In 2017 she is one of the interpreters of Aktion T4, a creation based on the euthanasia program for children with handicaps carried out by the Nazi regime. In 2018, she is one of the interpreters of Il Grande Teatro del Mondo (The Great Theater of the World) by Calderón de la Barca, staged in the Farnese Theater in Parma.

HAMLET SOLO
From Hamlet by William Shakespeare
Creation
| Francesco Pititto, Maria Federica Maestri
Translation, Dramaturgy and Imagoturgy | Francesco Pititto
Director, Installation and Costumes | Maria Federica Maestri
Music | Andrea Azzali
Performer | Barbara Voghera
Actors in video | Liliana Bertè, Franck Berzieri, Guglielmo Gazzelli, Paolo Maccini, Vincenzo Salemi, Elena Varoli

Shakespeare is stripped of the flesh, reduced to essentials, and returned through subject, color and perspective […] Maria Federica Maestri’s fiery direction seems not so much to communicate Hamlet’s struggle, but to build an atmosphere of decadent terror, a feeling of visceral death for a world already beyond the ability of changing it.
Matteo Brighenti, PaneAcquaCulture.it 22 December, 2015

It takes all of Lenz’s pragmatic sensitivity to give an indestructible classic such as Hamlet a hermeneutic thrust (namely, an unexpected interpretation) baffling as much as immediate.
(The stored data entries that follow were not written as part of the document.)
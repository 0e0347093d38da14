-- ===== src/Tests.antt =====
-- Runs of the definitions, and the theorems at concrete inputs.
mod Fsm
mod Engine
mod Flows
mod Handler
mod Spsc
mod Utils
mod Stateless
mod Map
mod Masks
mod Security
mod Smp
mod Equivalence
mod Input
Hamlet’s drama is not the “romantic” to be or not to be, but to be or to become.
Giulio Sonno, PaperStreet.it, 29 November, 2015

No fiction, no rhetoric, just an emotional encounter with simultaneity and oneself […] “Hamlet Solo”, touching performance directed by Maria Federica Maestri with an excellent Barbara Voghera, sensitive actor who, with deep truth, embodied the painful poetry of Shakespeare’s words.